PROVIDED INFORMATION —

-- ===== src/Tests/Messages.antt =====
-- Two owners sign one message.
use universal_login_sdk.Commons.Signatures.{concatenate_signatures, remove_prefix}
use universal_login_sdk.Relayer.KeyOrder.{sort_signature_key_pairs_by_key}
use universal_login_sdk.Prelude.{
  starts_with, ◌==◌, to_decimal, drop, ◌≡◌, refl, ◌⊎◌, Option, none, some, ◌++◌, Text, codes, ok,
  err, arith, false, true,
}
use universal_login_sdk.Commons.Message.{
  stringify_signed_message_fields, is_hashable, message_hash_of,
}
use universal_login_sdk.Relayer.Errors.{duplicated_execution, duplicated_signature}
use universal_login_sdk.Relayer.Database.{MessageRow, Database}
use universal_login_sdk.Relayer.PendingStore.{
  get_key_from_hash_and_signature, has_signature, get_message, pairs_of, MessageStatus,
}
use universal_login_sdk.Relayer.QueueStore.{get_row, unhashable}
use universal_login_sdk.Relayer.PendingMessages.{
  add, truthy, register, finish, is_present, add_signature_to_pending_message,
  ensure_correct_key_purpose, is_enough_signatures, on_ready_to_execute,
  get_message_with_signatures, ensure_correct_execution,
}
use universal_login_sdk.Relayer.PendingMessages
use universal_login_sdk.Relayer.QueueStore
use universal_login_sdk.Relayer.PendingStore
use universal_login_sdk.Relayer.PendingMessages.Outcome.{
  Outcome, registered, with_message, with_queued, hash_of, collected, status_at,
}
use universal_login_sdk.Relayer.PendingMessages.Ending.{add-Outcome}
use universal_login_sdk.Relayer.PendingMessages.Invariant.{IsConsistent, add-IsConsistent}
use universal_login_sdk.Relayer.PendingMessages.Repeats.{add_repeated}
use universal_login_sdk.Relayer.Handler.{handle_message, get_status}
use universal_login_sdk.Relayer.Handler.Answers.{get_status-handle_message}
use universal_login_sdk.Tests.Samples.{
  ethers, chain, message_a, message_b, signature_a, signature_b, empty,
}

abbrev hash : Text
hash = hash_of ethers chain message_a

abbrev wallet_row : MessageRow
wallet_row = record {
  message_hash = hash;
  transaction_hash = none;
  wallet_address = codes "wallet";
  created_at = 5;
}

-- The tables after the first owner's call.
abbrev half : Database
half = collected ethers chain message_a (with_message empty hash (codes "wallet")) (codes "0xb")

empty-IsConsistent : IsConsistent ethers chain empty
empty-IsConsistent = record {
  distinct_messages = tt;
  distinct_signatures = tt;
  distinct_queue = tt;
  genuine = tt;
}

add-Outcome_example :
    ((is_hashable ethers message_a ≡ false)
      × (add ethers chain message_a empty ≡ (err unhashable, empty)))
    ⊎ ((is_hashable ethers message_a ≡ true)
        × Outcome ethers chain message_a
            (registered ethers chain message_a empty)
            (add ethers chain message_a empty))
add-Outcome_example = add-Outcome ethers chain message_a empty

add-IsConsistent_example : IsConsistent ethers chain (add ethers chain message_a empty).1
add-IsConsistent_example = add-IsConsistent ethers chain message_a empty empty-IsConsistent

-- The tables, the joined signatures and the answer once both owners have signed.
abbrev full : Database
full = collected ethers chain message_b half (codes "0xa")

abbrev joined : Text
joined = signature_b ++ drop 2 signature_a

unqueued : get_row (hash_of ethers chain message_b) half ≡ none
unfolding get_row
unqueued = refl

abbrev answer : MessageStatus
answer = record (status_at ethers chain (hash_of ethers chain message_b) full wallet_row 2) {
  message_hash = some (hash_of ethers chain message_b);
}

abbrev done : Database
done = with_queued full (hash_of ethers chain message_b) (record message_b { signature = joined })

handled : handle_message ethers chain message_b half ≡ (ok answer, done)
unfolding handle_message add register finish is_present PendingStore.is_present is_hashable
    message_hash_of get_message ◌==◌ to_decimal add_signature_to_pending_message PendingStore.get
    PendingStore.contain_signature has_signature ensure_correct_key_purpose
    get_key_from_hash_and_signature PendingStore.add_signature PendingStore.get_status pairs_of
    PendingMessages.get_status is_enough_signatures on_ready_to_execute get_message_with_signatures
    PendingStore.get_collected_signature_key_pairs sort_signature_key_pairs_by_key
    concatenate_signatures remove_prefix starts_with ensure_correct_execution QueueStore.add get_row
    stringify_signed_message_fields
handled = refl

get_status-handle_message_example :
    (t : Option Text) × (truthy t ≡ false)
    × (get_status ethers chain (hash_of ethers chain message_b) done
        ≡ (ok (some (record answer { transaction_hash = t })), done))
get_status-handle_message_example =
    get_status-handle_message ethers chain message_b half done answer handled unqueued

half-IsConsistent : IsConsistent ethers chain half
unfolding message_hash_of ◌==◌ to_decimal get_message has_signature
half-IsConsistent = record {
  distinct_messages = ground arith;
  distinct_signatures = ground arith;
  distinct_queue = tt;
  genuine = (
    record {
      row = wallet_row;
      purpose = 1;
      found = refl;
      recovered = refl;
      authorised = refl;
      valid_purpose = ground arith;
    },
    tt,
  );
}

add_repeated_example :
    (add ethers chain message_a half ≡ (err duplicated_signature, half))
    ⊎ (add ethers chain message_a half ≡ (err duplicated_execution, half))
unfolding message_hash_of ◌==◌ to_decimal has_signature is_hashable
add_repeated_example = add_repeated ethers chain message_a half half-IsConsistent refl refl
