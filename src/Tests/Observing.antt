-- ===== src/Tests/Observing.antt =====
-- An observer that waits for a contract.
use universal_login_sdk.Prelude.{◌≤◌, List, [], ◌∷◌, Text, codes, Result, ok, length}
use universal_login_sdk.Sdk.Errors.{SdkError}
use universal_login_sdk.Sdk.DeploymentObserver.{running, Observer}
use universal_login_sdk.Sdk.DeploymentObserver.Turns.{turns, turns-notified}

abbrev keccak256 : Text → Text
keccak256 t = t

abbrev white_list : List Text
white_list = codes "0x60" ∷ []

abbrev observer : Observer
observer = record {
  state = running;
  future_contract_address = codes "0x1";
  notified = [];
  timers = 1;
}

abbrev answers : List (Result SdkError Text)
answers = ok (codes "0x") ∷ ok (codes "0x60") ∷ ok (codes "0x60") ∷ []

turns-notified_example : length (turns keccak256 white_list answers observer).notified ≤ 1
turns-notified_example = turns-notified keccak256 white_list answers observer
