-- ===== src/Tests/Ops.antt =====
-- A domain and a name that are registered on a small ENS.
use universal_login_sdk.Prelude.{
  ◌≡◌, ◌≢◌, refl, false, some, [], ◌∷◌, ◌++◌, Text, codes, ◌==◌, ==_refl, ok, err, if◌then◌else◌,
  arith, to_lower_case,
}
use universal_login_sdk.Relayer.Errors.{ens_name_taken}
use universal_login_sdk.Relayer.Execution.{ether_address}
use universal_login_sdk.Relayer.Deployment.{Ens, deploy}
use universal_login_sdk.Relayer.Deployment
use universal_login_sdk.Ops.{
  Call, register, set_owner, set_resolver, set_addr, set_name, Network, OpsConfig, Registrar,
  start_domain, register_at, transact, register_in_registrar, set_as_resolver_public_resolver,
  deploy_new_registrar, set_registrar_as_owner,
}
use universal_login_sdk.Ops.Domains.{IsEns}
use universal_login_sdk.Ops.Serving.{start-start_domain}
use universal_login_sdk.Ops.Names.{
  prepare_name_registration, register_name, set_resolver_of, set_address, set_reverse_name,
  check_reverse_name, set_reverse, point_name, name_at, start_name, reverse_name_of,
}
use universal_login_sdk.Ops.Names.Steps.{IsResolving}
use universal_login_sdk.Ops.Names.Taken.{deploy-start_name}
use universal_login_sdk.Tests.Samples.{ethers, chain}
use universal_login_sdk.Tests.Deploying.{config, factory, infos}

-- The owner and the resolver of each node, and the address it has everywhere.
record Registry : Type 0 where
  owners : Text → Text
  resolvers : Text → Text
  addresses : Text → Text

-- A map with one value changed.
abbrev put : Text → Text → (Text → Text) → Text → Text
put k v f n = if n == k then v else f n

abbrev apply : Call → Registry → Registry
apply (register registrar label owner) s = s
apply (set_owner node a) s = record s { owners = put node a s.owners }
apply (set_resolver node a) s = record s { resolvers = put node a s.resolvers }
apply (set_addr at node a) s = record s { addresses = put node a s.addresses }
apply (set_name registrar name) s = s

-- The hash is always the same, and a transaction is mined at once.
abbrev net : Network Registry
net = record {
  namehash = λ name. some name;
  owner = λ s node. ok (s.owners node);
  resolver = λ s node. ok (s.resolvers node);
  addr = λ s at node. ok (s.addresses node);
  name = λ s at node. ok (codes "name");
  send = λ call s. ok (codes "0xh", apply call s);
  wait_to_be_mined = λ hash s. ok s;
  deploy_registrar = λ ens node s. ok (codes "0xr", s);
}

put_same : (k v : Text) (f : Text → Text) → put k v f k ≡ v
put_same k v f = rw (==_refl k) refl

-- What a call that is mined leaves.
mined_of :
    (call : Call) (hash : Text) (s sent mined : Registry)
    → net.send call s ≡ ok (hash, sent)
    → net.wait_to_be_mined hash sent ≡ ok mined
    → mined ≡ apply call s
mined_of call hash s sent mined p q = ground arith

net-IsEns : IsEns net
net-IsEns = record {
  owner-set_owner = λ node a hash s sent mined p q.
      rw (mined_of (set_owner node a) hash s sent mined p q, put_same node a s.owners) refl;
  resolver-set_owner =
      λ node a hash s sent mined p q. rw (mined_of (set_owner node a) hash s sent mined p q) refl;
  resolver-set_resolver = λ node a hash s sent mined p q.
      rw (mined_of (set_resolver node a) hash s sent mined p q, put_same node a s.resolvers) refl;
  resolver-deploy_registrar = λ ens node other address s deployed p. ground arith;
}

abbrev ops : OpsConfig
ops = record {
  ens_address = codes "0x5";
  public_resolver_address = codes "0x3";
  deployer = codes "0xd";
}

net-IsResolving : IsResolving net ops
net-IsResolving = record {
  addr-set_addr = λ at node a hash s sent mined p q.
      rw (mined_of (set_addr at node a) hash s sent mined p q, put_same node a s.addresses) refl;
  resolver-set_addr = λ at node a hash other s sent mined p q.
      rw (mined_of (set_addr at node a) hash s sent mined p q) refl;
  addr-set_name = λ registrar name hash at node s sent mined p q.
      rw (mined_of (set_name registrar name) hash s sent mined p q) refl;
  resolver-set_name = λ registrar name hash node s sent mined d p q.
      rw (mined_of (set_name registrar name) hash s sent mined p q) refl;
}

abbrev fresh : Registrar Registry
fresh = record {
  registrar_address = [];
  resolver_address = [];
  variables = [];
  log = [];
  files = [];
  world = record {
    owners = λ node. codes "0xt";
    resolvers = λ node. codes "0x4";
    addresses = λ node. codes "0x0";
  };
}

-- What the relayer is answered from a registry.
abbrev ens_of : Registry → Ens
ens_of s = record {
  namehash = λ name. some name;
  resolver = λ node. ok (s.resolvers node);
  owner = λ node. ok (s.owners node);
  addr = λ at node. ok (s.addresses node);
}

abbrev registered : Registrar Registry
registered = (start_domain ethers net ops (codes "mylogin") (codes "eth") fresh).1

registers : start_domain ethers net ops (codes "mylogin") (codes "eth") fresh ≡ (ok tt, registered)
unfolding start_domain register_at transact register_in_registrar set_as_resolver_public_resolver
    deploy_new_registrar set_registrar_as_owner
registers = refl

start-start_domain_example :
    Deployment.start ethers
      (ens_of registered.world)
      chain
      config
      factory
      ((codes "mylogin" ++ b'.' ∷ codes "eth") ∷ [])
    ≡ ok (
        (
          codes "mylogin" ++ b'.' ∷ codes "eth",
          record {
            resolver_address = codes "0x3";
            registrar_address = registered.registrar_address;
          },
        )
        ∷ [])
start-start_domain_example =
    start-start_domain ethers net ops net-IsEns (codes "mylogin") (codes "eth") fresh registered
      refl registers (ens_of registered.world) chain config factory (λ t. refl)
      (λ node a p. ground arith) (λ node a p. ground arith)

abbrev named : Registrar Registry
named = (start_name ethers net ops (codes "alice") (codes "mylogin.eth") fresh).1

names : start_name ethers net ops (codes "alice") (codes "mylogin.eth") fresh ≡ (ok tt, named)
unfolding start_name prepare_name_registration transact register_name set_resolver_of set_address
    set_reverse_name check_reverse_name set_reverse point_name name_at
names = refl

apart :
    net.namehash (reverse_name_of ops) ≢ net.namehash (codes "alice" ++ b'.' ∷ codes "mylogin.eth")
unfolding to_lower_case
apart = λ p. ground arith

elsewhere : (named.resolver_address == ether_address) ≡ false
unfolding start_name prepare_name_registration transact register_name set_resolver_of set_address
    set_reverse_name check_reverse_name set_reverse point_name name_at ◌==◌ ether_address
elsewhere = refl

deploy-start_name_example :
    deploy ethers
      (ens_of named.world)
      chain
      config
      factory
      infos
      (codes "0xk")
      (codes "alice" ++ b'.' ∷ codes "mylogin.eth")
      (codes "1")
      (codes "0xs")
      []
    ≡ (err (ens_name_taken (codes "alice" ++ b'.' ∷ codes "mylogin.eth")), [])
deploy-start_name_example =
    deploy-start_name ethers net ops net-IsEns net-IsResolving (codes "alice") (codes "mylogin.eth")
      fresh named apart names elsewhere refl (ens_of named.world) chain config factory (λ t. refl)
      (λ node a p. ground arith) (λ at node a p. ground arith) infos (codes "0xk") (codes "1")
      (codes "0xs") []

TASK BRIEF — Return exactly, and only, the lines above starting at the line that contains "(t : Option Text) × (truthy t ≡ false)" and ending at the line that contains "-- ===== src/Tests/Observing.antt".

WRITTEN RESPONSE —
    (t : Option Text) × (truthy t ≡ false)
    × (get_status ethers chain (hash_of ethers chain message_b) done
        ≡ (ok (some (record answer { transaction_hash = t })), done))
get_status-handle_message_example =
    get_status-handle_message ethers chain message_b half done answer handled unqueued

half-IsConsistent : IsConsistent ethers chain half
unfolding message_hash_of ◌==◌ to_decimal get_message has_signature
half-IsConsistent = record {
  distinct_messages = ground arith;
  distinct_signatures = ground arith;
  distinct_queue = tt;
  genuine = (
    record {
      row = wallet_row;
      purpose = 1;
      found = refl;
      recovered = refl;
      authorised = refl;
      valid_purpose = ground arith;
    },
    tt,
  );
}

add_repeated_example :
    (add ethers chain message_a half ≡ (err duplicated_signature, half))
    ⊎ (add ethers chain message_a half ≡ (err duplicated_execution, half))
unfolding message_hash_of ◌==◌ to_decimal has_signature is_hashable
add_repeated_example = add_repeated ethers chain message_a half half-IsConsistent refl refl
filename src/Tests/Observing.antt
-- ===== src/Tests/Observing.antt =====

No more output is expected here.